|Title||Modelling impacts of acid deposition and groundwater level on habitat quality and plant species diversity|
|Author(s)||Kros, J.; Mol, J.P.; Wamelink, G.W.W.; Reinds, G.J.; Hinsberg, A. van; Vries, W. de|
|Source||Ecological Processes 5 (2016). - ISSN 2192-1709 - 19 p.|
Alterra - Sustainable soil management
Alterra - Biodiversity and policy
Environmental Systems Analysis Group
|Publication type||Refereed Article in a scientific journal|
We quantified the effects of the site factors pH and nitrate (NO3) concentration in soil solution and groundwater level on the vegetation of terrestrial ecosystems for the Netherlands in response to changes in atmospheric nitrogen (N) and sulphur (S) deposition and groundwater level over the period 1990–2030. The assessment was made with the SMART2 model, a simple one-layer model including geochemical buffer processes, element cycling by litterfall, mineralisation and uptake, nitrogen transformation processes and element input through deposition, weathering and upward seepage.

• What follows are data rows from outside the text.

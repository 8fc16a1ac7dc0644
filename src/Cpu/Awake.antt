-- ===== src/Cpu/Awake.antt =====
-- _cpu_awake of src/cpu.c, in which a core starts; nothing calls it. `none` does not get to its hlt.
use bloreos.Base.{
  ℕ, ◌+◌, ◌≡◌, ap, sym, List, [], ◌∷◌, Option, some, none, Ram, u64, codes, ◌>>=◌, bind_some, ◌==◌,
  arith, Bool-cases, inl, inr,
}
use bloreos.Atomic.{spinlock_lock, spinlock_unlock}
use bloreos.Str.Format.{int_arg}
use bloreos.Ps2.{Io}
use bloreos.Terminal.{Terminal}
use bloreos.Kprintf.Lines.{as_int, Line, print_lines}
use bloreos.Hpet.{Hpet}
use bloreos.Lapic.{Lapic, lapic_init}

-- _cpus_awake and _cpu_lock, and what the core works on.
pub record Core : Type 0 where
  pub cpus_awake : ℕ
  pub cpu_lock : ℕ
  pub port : Io
  pub screen : Terminal
  pub timer : Hpet
  pub lapic : Lapic

unfoldable pub awake_lines : ℕ → ℕ → List Line
unfolding as_int
awake_lines lapic_id processor_id =
    (codes "Waking up...\n", [])
    ∷ (codes "LAPIC ID: %d\n", int_arg (as_int lapic_id) ∷ [])
    ∷ (codes "Processor ID: %d\n", int_arg (as_int processor_id) ∷ [])
    ∷ []

unfoldable pub online_line : ℕ → List Line
unfolding as_int
online_line cpus = (codes "Cores Online: %d\n", int_arg (as_int cpus) ∷ []) ∷ []

unfoldable pub cpu_awake : ℕ → (ℕ → ℕ) → ℕ → ℕ → (ℕ → Ram) → (ℕ → Ram) → ℕ → ℕ → Core → Option Core
unfolding awake_lines online_line
cpu_awake polls readings current msr stacks below lapic_id processor_id c = do
  timed ← lapic_init polls readings current msr c.timer c.lapic
  held ← spinlock_lock c.cpu_lock
  shown ← print_lines stacks below 0 (awake_lines lapic_id processor_id) c.port c.screen
  told ← print_lines stacks below 3 (online_line (u64 (c.cpus_awake + 1))) shown.0 shown.1
  some (record {
    cpus_awake = u64 (c.cpus_awake + 1);
    cpu_lock = spinlock_unlock held;
    port = told.0;
    screen = told.1;
    timer = timed.0;
    lapic = timed.1;
  })

was_free : (lock held : ℕ) → spinlock_lock lock ≡ some held → lock ≡ 0
unfolding spinlock_lock
was_free lock held h = elim (Bool-cases (lock == 0)) [
  | inl free ↦ ground (arith, free)
  | inr taken ↦ let bad : none ≡ some held = rw taken at h in absurd cc
]

-- A core that gets to its hlt found the lock free, and leaves it free, with itself counted.
pub cpu_awake-counts :
    (polls current msr lapic_id processor_id : ℕ) (readings : ℕ → ℕ) (stacks below : ℕ → Ram)
    (c c' : Core)
    → cpu_awake polls readings current msr stacks below lapic_id processor_id c ≡ some c'
    → (c.cpu_lock ≡ 0) × (c'.cpu_lock ≡ 0) × (c'.cpus_awake ≡ u64 (c.cpus_awake + 1))
unfolding cpu_awake spinlock_unlock
cpu_awake-counts polls current msr lapic_id processor_id readings stacks below c c' e =
    let (timed, t, e1) = bind_some (lapic_init polls readings current msr c.timer c.lapic) _ c' e in
    let (held, h, e2) = bind_some (spinlock_lock c.cpu_lock) _ c' e1 in
    let (shown, s, e3) =
      bind_some (print_lines stacks below 0 (awake_lines lapic_id processor_id) c.port c.screen) _
        c' e2 in
    let (told, o, e4) =
      bind_some (print_lines stacks below 3 (online_line (u64 (c.cpus_awake + 1))) shown.0 shown.1)
        _ c' e3 in
    let made : some (record {
      cpus_awake = u64 (c.cpus_awake + 1);
      cpu_lock = 0;
      port = told.0;
      screen = told.1;
      timer = timed.0;
      lapic = timed.1;
    })
        ≡ some c' =
      e4 in
    (was_free c.cpu_lock held h, ap lock_of (sym made), ap count_of (sym made))
  where
    lock_of : Option Core → ℕ
    lock_of none = 0
    lock_of (some c) = c.cpu_lock

    count_of : Option Core → ℕ
    count_of none = 0
    count_of (some c) = c.cpus_awake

To assess the effects of changes in abiotic site factors on the vegetation, we developed a simple plant diversity indicator for grassland, heathland and forest, based on the occurrence of target plant species and competing species. Species occurrence was calculated from the preferred ranges of each species for the NO3 concentration and pH in soil solution and mean spring groundwater level. Changes in the plant diversity indicator were assessed from effects of changes in the occurrence of target and competing plant species in response to changes in mean spring groundwater level and in pH and NO3 concentration, as calculated with SMART2. Calculations were made for combinations of five vegetation structure types (three forest types, semi-natural grassland and heathland) and seven soil types (three sandy soils, two clay soils, peat and loess soils) using a 250 × 250 m grid. We used data for atmospheric deposition and groundwater level in the past to assess trends between 1990 and 2010 and evaluated two future scenarios for the period 2010–2030: a Business as Usual and an Improved Environment scenario.

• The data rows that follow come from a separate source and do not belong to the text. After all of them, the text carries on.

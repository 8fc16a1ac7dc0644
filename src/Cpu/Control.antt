-- ===== src/Cpu/Control.antt =====
-- The control registers and the interrupt flag, in src/include/cpu.h, and the short form of cpuid there
-- with its use in src/lapic.c.
use bloreos.Base.{
  ℕ, ◌/◌, ◌^◌, ◌%◌, ◌≡◌, refl, Bool, true, false, not, ◌==◌, if◌then◌else◌, u32, u64, bit_and,
  bit_and_mask, arith, ◌<◌, Bool-cases, inl, inr,
}
use bloreos.Cpu.{Cpuid}

-- Of rflags, bit 9, which allows interrupts.
pub record Control : Type 0 where
  pub cr0 : ℕ
  pub cr3 : ℕ
  pub cr4 : ℕ
  pub interrupts : Bool
  pub idtr : ℕ

unfoldable pub get_cr0 : Control → ℕ
get_cr0 c = c.cr0

unfoldable pub get_cr3 : Control → ℕ
get_cr3 c = c.cr3

unfoldable pub get_cr4 : Control → ℕ
get_cr4 c = c.cr4

unfoldable pub set_cr0 : ℕ → Control → Control
set_cr0 val c = record c { cr0 = u64 val }

unfoldable pub is_paging_enabled : Control → Bool
unfolding get_cr0
is_paging_enabled c = not (bit_and (get_cr0 c) 0x80000000 == 0)

unfoldable pub lidt : ℕ → Control → Control
lidt idt_ptr c = record c { idtr = idt_ptr }

unfoldable pub disable_interrupts : Control → Control
disable_interrupts c = record c { interrupts = false }

unfoldable pub enable_interrupts : Control → Control
enable_interrupts c = record c { interrupts = true }

unfoldable pub interrupt_state : Control → Bool
interrupt_state c = c.interrupts

-- With the state before, which it returns.
unfoldable pub set_interrupt_state : Bool → Control → Bool × Control
unfolding disable_interrupts enable_interrupts interrupt_state
set_interrupt_state enabled c =
    (interrupt_state c, if enabled then enable_interrupts c else disable_interrupts c)

-- The eax and edx of cpuid(code, &a, &d). The constraint "O" of `code` asks for a constant from 0 to
-- 127 and puts it in no register, so that the leaf is the one in eax before, and not `code`.
unfoldable pub cpuid : Cpuid → ℕ → ℕ → ℕ → ℕ × ℕ
cpuid answer eax ecx code = let l = answer (u32 eax) (u32 ecx) in (l.eax, l.edx)

unfoldable pub check_lapic_cpuid : Cpuid → ℕ → ℕ → ℕ
unfolding cpuid
check_lapic_cpuid answer eax ecx = bit_and ((cpuid answer eax ecx 1).1 / 2 ^ 9) 1

unfoldable pub cpu_get_address_widths : Cpuid → ℕ → ℕ
cpu_get_address_widths answer ecx = (answer 0x80000008 (u32 ecx)).eax

-- A part that switches the interrupts off and puts back what set_interrupt_state returned runs without
-- them, and leaves the state as it was, whatever else it did to the registers.
pub set_interrupt_state-restores :
    (c c' : Control)
    → c'.interrupts ≡ (set_interrupt_state false c).1.interrupts
    → let restored = (set_interrupt_state (set_interrupt_state false c).0 c').1 in
      (interrupt_state c' ≡ false)
      × (interrupt_state restored ≡ interrupt_state c)
      × (restored.cr0 ≡ c'.cr0)
      × (restored.idtr ≡ c'.idtr)
unfolding set_interrupt_state
set_interrupt_state-restores c c' off = elim (Bool-cases c.interrupts) [
  | inl on ↦ rw on (off, refl, refl, refl)
  | inr quiet ↦ rw quiet (off, refl, refl, refl)
]

-- What _check_lapic_cpuid gives is bit 9 of the edx of the leaf whose number eax held before.
pub check_lapic_cpuid_lem :
    (answer : Cpuid) (eax ecx : ℕ)
    → eax < 2 ^ 32
    → ecx < 2 ^ 32
    → check_lapic_cpuid answer eax ecx ≡ (answer eax ecx).edx / 2 ^ 9 % 2
unfolding check_lapic_cpuid
check_lapic_cpuid_lem answer eax ecx word level =
    let a : u32 eax ≡ eax = omega (arith, word) in
    let c : u32 ecx ≡ ecx = omega (arith, level) in
    rw (a, c) (bit_and_mask 1 ((answer eax ecx).edx / 2 ^ 9))
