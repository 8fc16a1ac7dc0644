-- ===== src/Cpu/Saved.antt =====
-- What an interrupt's handler finds again, in src/include/cpu.h.
use bloreos.Base.{ℕ, ◌<◌, ◌^◌, ◌≡◌, ◌≢◌, refl, List, [], ◌∷◌, some, arith, update, u16}
use bloreos.Cpu.{Machine, es, ds, run, step, isr_save, isr_restore}

-- What isr_save puts on the stack, and the registers after isr_restore.
abbrev pub saved_words : (ℕ → ℕ) → List ℕ → List ℕ
saved_words r stack =
    u16 (r ds)
    ∷ u16 (r es)
    ∷ r 0
    ∷ r 3
    ∷ r 1
    ∷ r 2
    ∷ r 6
    ∷ r 7
    ∷ r 5
    ∷ r 8
    ∷ r 9
    ∷ r 10
    ∷ r 11
    ∷ r 12
    ∷ r 13
    ∷ r 14
    ∷ r 15
    ∷ stack

abbrev pop_all : List (ℕ × ℕ) → (ℕ → ℕ) → ℕ → ℕ
pop_all [] regs = regs
pop_all ((r, v) ∷ rest) regs = pop_all rest (update regs r v)

abbrev pub restored_regs : (ℕ → ℕ) → (ℕ → ℕ) → ℕ → ℕ
restored_regs r scratch =
    pop_all
      ((0, u16 (r ds))
        ∷ (ds, u16 (u16 (r ds)))
        ∷ (0, u16 (r es))
        ∷ (es, u16 (u16 (r es)))
        ∷ (0, r 0)
        ∷ (3, r 3)
        ∷ (1, r 1)
        ∷ (2, r 2)
        ∷ (6, r 6)
        ∷ (7, r 7)
        ∷ (5, r 5)
        ∷ (8, r 8)
        ∷ (9, r 9)
        ∷ (10, r 10)
        ∷ (11, r 11)
        ∷ (12, r 12)
        ∷ (13, r 13)
        ∷ (14, r 14)
        ∷ (15, r 15)
        ∷ [])
      scratch

pub restored_lem :
    (regs scratch : ℕ → ℕ) (r : ℕ)
    → regs es < 2 ^ 16
    → regs ds < 2 ^ 16
    → r < 18
    → r ≢ 4
    → restored_regs regs scratch r ≡ regs r
restored_lem regs scratch r segment data_segment small other = ground arith

-- After isr_save, and whatever a handler does to the registers while it leaves the stack alone,
-- isr_restore brings back every register but the stack pointer, and takes one word more from the
-- stack than isr_save put there.
pub isr_restore-isr_save :
    (m : Machine) (scratch : ℕ → ℕ) (word : ℕ) (frame : List ℕ)
    → m.stack ≡ word ∷ frame
    → m.regs es < 2 ^ 16
    → m.regs ds < 2 ^ 16
    → (saved : Machine) × (restored : Machine) × (run isr_save m ≡ some saved)
      × (run isr_restore (record saved { regs = scratch }) ≡ some restored)
      × (restored.stack ≡ frame)
      × ((r : ℕ) → r < 18 → r ≢ 4 → restored.regs r ≡ m.regs r)
unfolding run step isr_save isr_restore
isr_restore-isr_save m scratch word frame e segment data_segment = (
  record {
    regs = update (update m.regs 0 (u16 (m.regs es))) 0 (u16 (m.regs ds));
    stack = saved_words m.regs m.stack;
  },
  record { regs = restored_regs m.regs scratch; stack = frame },
  refl,
  rw e refl,
  refl,
  λ r small other. restored_lem m.regs scratch r segment data_segment small other,
)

Comparison of model predictions on pH and NO3 with measured soil solution concentrations for forest showed a reasonable to good agreement for pH but rather poor for NO3. The largest impacts were found for the combination of the two Improved Environment scenarios.
Reductions in N and S deposition and an increase in groundwater level between 1990 and 2030 hardly caused changes in soil pH and only relatively small reductions in NO3 concentration (11–13%). Nevertheless, those changes caused a significant increase in plant diversity indicator.